Regarding testing, corals (especially acros) is all about water chemistry. You need to know what your parameters are and that they're not jumping around like they tend to do on newer tanks. I'd recommend you start testing now for:

Salinity (what are you using to test?)
Alk (may be sky high due to RSCP salt)
Cal
Phos
Nitrate
Phos

Get some quality test kits like Salifert, Red Sea or Hanna.

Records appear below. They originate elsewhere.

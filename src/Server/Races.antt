-- ===== src/Server/Races.antt =====
-- Two users who decide on the same task: a decision names the request, but not the step.
use workflow_automation_plat.Common.{
  ℕ, suc, ◌≡◌, ◌<◌, refl, ap, ◌∙◌, arith, true, none, List, [], ◌∷◌, All, IsIn, length, ltb,
  if◌then◌else◌,
}
use workflow_automation_plat.Js.{Fields}
use workflow_automation_plat.Engine.Conditions.{Python}
use workflow_automation_plat.Engine.Process.{User, WorkflowStep, RequestStep, Instance, done}
use workflow_automation_plat.Engine.Step.{refusal}
use workflow_automation_plat.Creation.Rows.{All-get_elem?}
use workflow_automation_plat.Journey.{
  at_step, ended_approved, approval, advance_all, Act, process_all,
}
use workflow_automation_plat.Journey.Refinement.{Follows, Represents, process_all-Represents}
use workflow_automation_plat.Server.Store.{RequestRow, Db}
use workflow_automation_plat.Server.Listing.{my_tasks}
use workflow_automation_plat.Server.Invariant.{Reaches}
use workflow_automation_plat.Server.MyTasks.{my_tasks-mem}

module _ (py : Python) (one other : User) (now later : ℕ) (context : Fields) where
  abbrev pub both_approve : List Act
  both_approve =
      record { now = now; user = one; decision = approval; context = context }
      ∷ record { now = later; user = other; decision = approval; context = context }
      ∷ []

  -- Two users who may decide on every step of a chain are shown the same step of a request as their
  -- task, and it is not the last. If both approve it, one after the other, then both calls succeed,
  -- and the second approval is that of the next step, whoever has seen it: the request stands two
  -- steps further, or has ended as an approved one.
  pub same_task_twice :
      {db : Db} (row : RequestRow) (rows : List WorkflowStep) (k : ℕ)
      → Reaches py db
      → IsIn row db.requests
      → Follows py db.catalog rows
      → Represents rows row.state (at_step k)
      → suc k < length rows
      → All (λ (s : WorkflowStep). refusal py one s ≡ none) rows
      → All (λ (s : WorkflowStep). refusal py other s ≡ none) rows
      → (x : RequestStep) × (r' : Instance) × IsIn {A = ℕ × RequestStep}
          (row.id, x)
          (my_tasks py one db.requests)
        × IsIn {A = ℕ × RequestStep} (row.id, x) (my_tasks py other db.requests)
        × (process_all py db.catalog both_approve row.state ≡ done r')
        × Represents rows r'
            (if ltb (suc (suc k)) (length rows) then at_step (suc (suc k)) else ended_approved)
  same_task_twice {db} row rows k reached i follows h more one_may other_may =
      let (active, (s, e, _, (x, c, f))) = h in
      let may = λ (u : User) (all : All (λ (q : WorkflowStep). refusal py u q ≡ none) rows).
        ap (refusal py u) f ∙ All-get_elem? (λ q. refusal py u q ≡ none) k rows s all e in
      let test : ltb (suc k) (length rows) ≡ true = ground arith in
      let stage =
        if ltb (suc (suc k)) (length rows) then at_step (suc (suc k)) else ended_approved in
      let (r', ran, t) =
        process_all-Represents py db.catalog rows both_approve row.state (at_step k) stage follows
          (one_may, (other_may, tt)) h (unfold advance_all in rw test refl) in
      (
        x,
        r',
        (my_tasks-mem py one row.id x reached).1 (row, i, refl, c, may one one_may),
        (my_tasks-mem py other row.id x reached).1 (row, i, refl, c, may other other_may),
        ran,
        t,
      )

When all that is squared away, the real question is if your tank biome is ready. Is it properly seasoned and stable? Probably not, but you can test by buying a couple inexpensive acros and see how they do.
Not sure how this thread got revived, but you're right about the testing. I was doing sporadic testing and lost most of my first set of acros (mid november) and all of my new seriatopora. I went to daily testing of alkalinity and weekly calcium + magnesium and I haven't had any losses since then. Much better polyp extension on the acropora as well. Still haven't tried any new birdsnest but the acros are doing well and I'm getting even better growth out of my montipora. Porites are also taking off. Only coral not doing well besides birdsnest is a turbinaria which always has good polyp extension but hasn't grown any discernible amount in the last 3-4 months, even consulting pictures to check if it was just a small amount of growth.

Parameters are:
Cal- 420 (Ranges 400-425 Red Sea)
Alk- 9.7 this morning (Ranges 8.8-9.7 Salifert)
Magnesium- 1410 (Lowest 1320 Jan 4th Salifert)
pH 8.27-8.42 last 24hrs (Month's highest 8.45, lowest 8.23 Apex, Recalibrated Jan 11)
Temp 77.8-78.2

I don't believe in the whole Nitrate & Phosphate snake oil. If algae is growing, I haven't had issues with corals having nutrients. I also feed 5x daily for my 11 anthias so there's a constant source of poop which sustains my Sun Corals even in the absence of any direct feeding.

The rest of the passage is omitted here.